Data provided:
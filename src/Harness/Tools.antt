-- ===== src/Harness/Tools.antt =====
-- src/harness/tools.ts: the tool runtime and the verification commands. Fields of type ℕ that the
-- source computes by `||` are written out.
pub mod Verification
pub mod Guards
pub mod Samples
mod Tests
use Prim.Native.String.{◌++◌}
use mathlib.Core.List
use Prim.Native.Char.{code}
use loomctl.Base.{
  ℕ, ◌≡◌, Bool, true, false, String, Option, none, some, List, [], ◌∷◌, ◌==◌, eqb, ltb, leb, not,
  ◌&&◌, ◌||◌, any, min, if◌then◌else◌,
}
use loomctl.Base.Texts.{trim, is_blank, split, join, nonempty, show, units, any_code}
use loomctl.Harness.Events.{
  MaxBytes, absent, not_finite, negative, bytes, ToolInput, ToolAction, ToolObservation,
  VerificationResult,
}
use loomctl.Harness.Executor.{
  Failure, plain, Attempt, done, threw, Io, ◌>>=◌, ◌>>◌, return, throw, CommandResult,
  WorkspaceExecutor, throw_if_aborted,
}
use loomctl.Harness.GitCommit.{
  workspace_git_diff_stat_command, workspace_git_diff_patch_command, create_workspace_git_commit,
  WorkspaceGitCommitResult,
}

abbrev pub supported_action_tools : List String
supported_action_tools =
    "file.read" ∷ "file.write" ∷ "shell.exec" ∷ "git.diff" ∷ "git.commit" ∷ "verify.run" ∷ []

unfoldable pub effective_allowed_tools : Option (List String) → List String
effective_allowed_tools none = supported_action_tools
effective_allowed_tools (some tools) = tools

unfoldable pub is_tool_allowed : String → List String → Bool
is_tool_allowed tool_name allowed_tools = any (λ t. t == tool_name) allowed_tools

abbrev tool_file_read_limit_bytes : ℕ
tool_file_read_limit_bytes = 262144

unfoldable pub bounded_file_read_bytes : MaxBytes → ℕ
bounded_file_read_bytes absent = 65536
bounded_file_read_bytes not_finite = 65536
bounded_file_read_bytes negative = 0
bounded_file_read_bytes (bytes n) = min tool_file_read_limit_bytes n

-- `path.replaceAll("\\", "/").trim().split("/")` holds ".loom".
unfoldable pub is_reserved_path : String → Bool
is_reserved_path path =
    any (λ part. part == ".loom") (split (λ c. eqb c b'/' || eqb c 92) (trim path))

unfoldable pub git_commit_message : {W : Type 0} → Option String → Io W String
git_commit_message none = throw (plain "git.commit requires input.message")
git_commit_message (some value) =
    let message = trim value in
    if is_blank value
    then throw (plain "git.commit requires input.message")
    else if ltb 200 (units message) || any_code (λ c. eqb c 0 || eqb c 13 || eqb c 10) message
    then throw
        (plain "git.commit input.message must be a single-line string at most 200 characters.")
    else return message

-- `error || undefined`
abbrev or_undefined : String → Option String
or_undefined text = if text == "" then none else some text

unfoldable pub observation : ToolAction → Bool → String → ℕ → String → ToolObservation
observation action ok output exit_code error = record {
  action_id = action.id;
  tool_name = action.tool_name;
  ok = ok;
  output = output;
  exit_code = exit_code;
  error = or_undefined error;
}

unfoldable pub format_command_output : String → CommandResult → String
format_command_output command r = join "\n" (
    nonempty (
      ("$ " ++ command)
      ∷ ("exitCode=" ++ show r.exit_code)
      ∷ (if r.stdout == "" then "" else "stdout:\n" ++ r.stdout)
      ∷ (if r.stderr == "" then "" else "stderr:\n" ++ r.stderr)
      ∷ []))

abbrev verification : Bool → List String → ℕ → List String → VerificationResult
verification ok outputs exit_code commands = record {
  ok = ok;
  output = join "\n" outputs;
  exit_code = exit_code;
  commands = commands;
}

-- What an `async` body returns: a value, or a promise that it has not awaited.
pub data Returned (W : Type 0) : Type 0 where
  settled : ToolObservation → Returned W
  pending : Io W ToolObservation → Returned W

module _ {W : Type 0} (executor : WorkspaceExecutor W) where
  -- The loop of `runVerification`: the commands in order, up to the first that fails.
  unfoldable pub run_commands : List String → List String → List String → Io W VerificationResult
  run_commands commands outputs [] w = done (verification true outputs 0 commands) w
  run_commands commands outputs (command ∷ rest) w = elim (throw_if_aborted executor w) [
    | threw e w' ↦ threw e w'
    | done _ w' ↦ elim (executor.run_command command w') [
      | threw e w'' ↦ threw e w''
      | done r w'' ↦
          let outputs' = List.◌++◌ outputs (format_command_output command r ∷ []) in
          elim (eqb r.exit_code 0) [
            | false ↦ done (verification false outputs' r.exit_code commands) w''
            | true ↦ run_commands commands outputs' rest w''
          ]
    ]
  ]

  abbrev no_commands : VerificationResult
  no_commands = record {
    ok = true;
    output = "No verification commands configured.";
    exit_code = 0;
    commands = [];
  }

  run_nonempty : List String → Io W VerificationResult
  run_nonempty [] = return no_commands
  run_nonempty (c ∷ cs) = run_commands (c ∷ cs) [] (c ∷ cs)

  abbrev pub verification_commands : List String → Option String → List String
  verification_commands configured none = configured
  verification_commands configured (some command) =
      if is_blank command then configured else command ∷ []

  unfoldable pub run_verification : List String → Option String → Io W VerificationResult
  unfolding run_nonempty
  run_verification configured override =
      throw_if_aborted executor >> run_nonempty (verification_commands configured override)

  run_shell : ToolAction → String → Io W ToolObservation
  run_shell action command = do
    r ← executor.run_command command
    return (observation action (eqb r.exit_code 0) r.stdout r.exit_code r.stderr)

  abbrev reject_reserved_workspace_path : String → Io W (Unit {0})
  reject_reserved_workspace_path path =
      if is_reserved_path path
      then throw (plain "path is reserved for Loom internals")
      else return tt

  abbrev described : String → String
  described path = elim executor.describe_path [ none ↦ path | some describe ↦ describe path ]

  file_read : ToolAction → Io W ToolObservation
  file_read action = do
    reject_reserved_workspace_path action.input.path
    content ← executor.read_file action.input.path (bounded_file_read_bytes action.input.max_bytes)
    return (observation action true content 0 "")

  file_write : ToolAction → Io W ToolObservation
  file_write action = do
    reject_reserved_workspace_path action.input.path
    executor.write_file action.input.path action.input.content
    return (observation action true ("wrote " ++ described action.input.path) 0 "")

  -- `return runShell(…)` stands in the `try` without an `await`.
  shell_exec : ToolAction → Io W (Returned W)
  unfolding run_shell
  shell_exec action =
      if is_blank action.input.command
      then return (settled (observation action false "" 1 "shell.exec requires input.command"))
      else return (pending (run_shell action action.input.command))

  git_diff : ToolAction → Io W ToolObservation
  git_diff action = do
    stat ← executor.run_command workspace_git_diff_stat_command
    diff ← executor.run_command workspace_git_diff_patch_command
    return (
        observation action (eqb stat.exit_code 0 && eqb diff.exit_code 0)
          (join "\n\n" (nonempty (stat.stdout ∷ diff.stdout ∷ [])))
          (if eqb diff.exit_code 0 then stat.exit_code else diff.exit_code)
          (if stat.stderr == "" then diff.stderr else stat.stderr))

  abbrev commit_line : Option String → String
  commit_line none = ""
  commit_line (some c) = "commit " ++ c

  git_commit : ToolAction → Io W ToolObservation
  git_commit action = do
    message ← git_commit_message action.input.message
    r ← create_workspace_git_commit executor message
    return (
        observation action (eqb r.exit_code 0)
          (join "\n" (nonempty (r.stdout ∷ commit_line r.commit ∷ []))) r.exit_code
          (if r.no_changes then "no workspace changes to commit" else r.stderr))

  verify_run : List String → ToolAction → Io W ToolObservation
  verify_run verify_commands action = do
    r ← run_verification verify_commands action.input.override
    return (record {
      action_id = action.id;
      tool_name = action.tool_name;
      ok = r.ok;
      output = r.output;
      exit_code = r.exit_code;
      error = if r.ok then none else some r.output;
    })

  awaited : Io W ToolObservation → Io W (Returned W)
  awaited m = m >>= λ o. return (settled o)

  dispatch : List String → ToolAction → Io W (Returned W)
  unfolding file_read file_write shell_exec git_diff git_commit verify_run awaited
  dispatch verify_commands action =
      if action.tool_name == "file.read"
      then awaited (file_read action)
      else if action.tool_name == "file.write"
      then awaited (file_write action)
      else if action.tool_name == "shell.exec"
      then shell_exec action
      else if action.tool_name == "git.diff"
      then awaited (git_diff action)
      else if action.tool_name == "git.commit"
      then awaited (git_commit action)
      else if action.tool_name == "verify.run"
      then awaited (verify_run verify_commands action)
      else return (settled (observation action false "" 1 ("unknown tool: " ++ action.tool_name)))

  -- The body of the `try` in `execute`.
  attempt : List String → List String → ToolAction → Io W (Returned W)
  unfolding dispatch
  attempt allowed_tools verify_commands action = do
    throw_if_aborted executor
    if is_tool_allowed action.tool_name allowed_tools
        then dispatch verify_commands action
        else return
            (settled (observation action false "" 1 ("tool not allowed: " ++ action.tool_name)))

  -- Its `catch`: the run is cancelled, or the agent sees the error. A promise that the `try` returns is
  -- awaited behind it.
  settle : ToolAction → Attempt (Returned W) W → Attempt ToolObservation W
  settle action (done (settled o) w) = done o w
  settle action (done (pending m) w) = m w
  settle action (threw e w) = elim (executor.aborted w) [
    | some cancelled ↦ threw cancelled w
    | none ↦ done (observation action false "" 1 e.message) w
  ]

  unfoldable pub execute : List String → List String → ToolAction → Io W ToolObservation
  unfolding attempt settle
  execute allowed_tools verify_commands action w =
      settle action (attempt allowed_tools verify_commands action w)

What to produce: Check each line in the records above for the word "awaited". Return those that have it.

Solution:
-- What an `async` body returns: a value, or a promise that it has not awaited.
  awaited : Io W ToolObservation → Io W (Returned W)
  awaited m = m >>= λ o. return (settled o)
  unfolding file_read file_write shell_exec git_diff git_commit verify_run awaited
      then awaited (file_read action)
      then awaited (file_write action)
      then awaited (git_diff action)
      then awaited (git_commit action)
      then awaited (verify_run verify_commands action)
  -- awaited behind it.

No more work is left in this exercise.